In a large industrial firm, $20\%$ of all invoices receive a discount. Invoices are audited one by one. Let X denote the number of invoices up to and including the third one that qualifies for a discount. What is the distribution of $X$? Find $P(X = 8)$.
The Mean and Variance of the Negative Binomial Distribution
- If $X \sim NB(r, p)$, then
- $𝜇_{X} = rp$
- $\sigma_{X} = \frac{rp}{(1-p)^2}$
- If $X \sim NB(r, p)$, then
A Negative Binomial Random Variable Is a Sum of Geometric Random Variables
- Assume that a sequence of $8$ independent Bernoulli trials, each with success probability $p$, comes out as follows:
$F ~ F ~ S ~ F ~ S ~ F ~ F ~ S$
If $X$ is the number of trials up to and including the third success, then $X ∼ NB(3, p)$, and for this sequence of trials, $X = 8$.

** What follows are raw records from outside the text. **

-- ===== src/Instance/Supervisor/Recover.antt =====
-- RecoverFromStore, MigrateLegacyAccounts and tryAdopt. `Host` is what the machine answers during
-- one pass: the live processes, the ports whose readiness probe succeeds, the clock, and what each
-- spawn will meet.
pub mod Consistent
use copilot_pool_gateway.Base.{
  ℕ, String, Bool, true, false, not, ◌||◌, List, [], ◌∷◌, Option, none, some, ◌==◌, if◌then◌else◌,
  eqb, trim,
}
use copilot_pool_gateway.Base.StringMap.{get, put}
use copilot_pool_gateway.Store.Disk.{Result}
use copilot_pool_gateway.Store.Account.{Account}
use copilot_pool_gateway.Store.Account.Lookup.{get_enabled_accounts}
use copilot_pool_gateway.Instance.Ports.{
  PortPool, Outcome, ok, err, closed, already_live, probe_failed, release, reserve,
}
use copilot_pool_gateway.Instance.Supervisor.{
  Supervisor, Worker, WorkerEntry, ready, home_for, worker_url_for,
}
use copilot_pool_gateway.Instance.Supervisor.Spawn.{Launch, spawn}

pub record Host : Type 0 where
  pub alive : ℕ → Bool
  pub answers_on : ℕ → Bool
  -- the text of the error, where the probe of a port fails
  pub probe_error : ℕ → String
  pub now : ℕ
  pub launch : String → Launch

-- The home that the account names, or the default one.
abbrev home_of : Supervisor → Account → String
home_of s a = if trim a.worker_home == "" then home_for s a.id else trim a.worker_home

abbrev pub adopted_worker : ℕ → Supervisor → Account → Worker
adopted_worker now s a = record {
  entry = record {
    account_id = a.id;
    port = a.worker_port;
    home = home_of s a;
    pid = a.worker_pid;
    started_at = now;
    status = ready;
    last_error = "";
    worker_url = worker_url_for a.worker_port;
  };
  adopted = true;
}

-- Under the lock: an account that has a worker gives the reserved port back.
unfoldable pub adopt_unless_live :
    Option Worker → ℕ → Account → Supervisor → Outcome Bool × Supervisor
unfolding home_for
adopt_unless_live (some w) now a s =
    (err already_live, record s { ports = release a.worker_port s.ports })
adopt_unless_live none now a s =
    (ok true, record s { workers = put s.workers a.id (adopted_worker now s a) })

-- With the result of Reserve.
unfoldable pub adopt_reserved :
    Outcome PortPool → ℕ → Account → Supervisor → Outcome Bool × Supervisor
unfolding adopt_unless_live
adopt_reserved (err e) now a s = (err e, s)
adopt_reserved (ok ports) now a s =
    if s.closed
    then (err closed, record s { ports = release a.worker_port ports })
    else adopt_unless_live (get s.workers a.id) now a (record s { ports = ports })

-- tryAdopt
unfoldable pub try_adopt : Host → Account → Supervisor → Outcome Bool × Supervisor
unfolding adopt_reserved
try_adopt h a s =
    if eqb a.worker_port 0 || eqb a.worker_pid 0
    then (ok false, s)
    else if not (h.alive a.worker_pid)
    then (ok false, s)
    else if not (h.answers_on a.worker_port)
    then (err probe_failed, s)
    else adopt_reserved (reserve a.worker_port s.ports) h.now a s

-- A worker that is not adopted is spawned, on its last port if that is free.
unfoldable pub spawn_unless_adopted : Launch → Account → Outcome Bool × Supervisor → Supervisor
unfolding spawn
spawn_unless_adopted l a (ok true, s) = s
spawn_unless_adopted l a (ok false, s) = (spawn l a.id (trim a.github_token) a.worker_port s).1
spawn_unless_adopted l a (err e, s) = (spawn l a.id (trim a.github_token) a.worker_port s).1

-- The body of the loop of RecoverFromStore.
unfoldable pub recover_account : Host → Account → Supervisor → Supervisor
unfolding try_adopt spawn_unless_adopted
recover_account h a s =
    if not a.worker_managed || trim a.github_token == ""
    then s
    else spawn_unless_adopted (h.launch a.id) a (try_adopt h a s)

pub recover_accounts : Host → List Account → Supervisor → Supervisor
unfolding recover_account
recover_accounts h [] s = s
recover_accounts h (a ∷ rest) s = recover_accounts h rest (recover_account h a s)

abbrev or_unchanged :
    (List Account → Supervisor → Supervisor) → Result (List Account) → Supervisor → Supervisor
or_unchanged f (Result.ok accounts) s = f accounts s
or_unchanged f (Result.err e) s = s

-- RecoverFromStore
unfoldable pub recover_from_store : Host → Supervisor → Supervisor
unfolding recover_accounts
recover_from_store h s = or_unchanged (recover_accounts h) (get_enabled_accounts s.disk).0 s

-- The body of the loop of MigrateLegacyAccounts.
unfoldable pub migrate_account : Host → Account → Supervisor → Supervisor
unfolding spawn
migrate_account h a s =
    if a.worker_managed || trim a.github_token == ""
    then s
    else (spawn (h.launch a.id) a.id (trim a.github_token) 0 s).1

pub migrate_accounts : Host → List Account → Supervisor → Supervisor
unfolding migrate_account
migrate_accounts h [] s = s
migrate_accounts h (a ∷ rest) s = migrate_accounts h rest (migrate_account h a s)

-- MigrateLegacyAccounts
unfoldable pub migrate_legacy_accounts : Host → Supervisor → Supervisor
unfolding migrate_accounts
migrate_legacy_accounts h s = or_unchanged (migrate_accounts h) (get_enabled_accounts s.disk).0 s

- Denote the number of trials up to and including the first success by $Y_1$. For this sequence, $Y_1 = 3$, but in general, $Y_1 ∼ Geom(p)$. Now count the number of trials, starting with the first trial after the first success, up to and including the second success.
- Denote this number of trials by $Y_2$. For this sequence $Y_2 = 2$, but in general, $Y_2 ∼ Geom(p)$. Finally, count the number of trials, beginning from the first trial after the second success, up to and including the third success.
- Denote this numberof trials by $Y_3$. For this sequence $Y_3 = 3$, but again in general, $Y3 ∼ Geom(p)$. It is clear that $X = Y_1 + Y_2 + Y_3$. Furthermore, since the trials are independent, $Y_1, Y_2, and ~ Y_3$ are independent. This shows that if $X ∼ NB(3, p)$, then $X $ is the sum of three independent $Geom(p)$ random variables.
- This result can be generalized to any positive integer $r$.